■ TASK TO COMPLETE ■
Each line of the data should be transcribed exactly as given.
Top of MATERIAL FOR THE TASK
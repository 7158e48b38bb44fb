-- ===== src/Tests/Collection.antt =====
-- A collection with a directory.
use iroh_content_discovery.Prelude.{[], ◌∷◌}
use iroh_content_discovery.Prelude.Bytes.{codes}
use iroh_content_discovery.Gateway.Collection.{Files, Entries}

-- `a/b.txt` and `a/c/d`
abbrev files : Files
files = (codes "a/b.txt", 1 ∷ []) ∷ (codes "a/c/d", 2 ∷ []) ∷ []

abbrev a_entries : Entries
a_entries = record { dirs = codes "c" ∷ []; files = (codes "b.txt", 1 ∷ []) ∷ [] }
Bottom of MATERIAL FOR THE TASK
■ EXPECTED ANSWER ■
repository 7158e48b38bb44fb
-- ===== src/Tests/Collection.antt =====
-- A collection with a directory.
use iroh_content_discovery.Prelude.{[], ◌∷◌}
use iroh_content_discovery.Prelude.Bytes.{codes}
use iroh_content_discovery.Gateway.Collection.{Files, Entries}

-- `a/b.txt` and `a/c/d`
abbrev files : Files
files = (codes "a/b.txt", 1 ∷ []) ∷ (codes "a/c/d", 2 ∷ []) ∷ []

abbrev a_entries : Entries
a_entries = record { dirs = codes "c" ∷ []; files = (codes "b.txt", 1 ∷ []) ∷ [] }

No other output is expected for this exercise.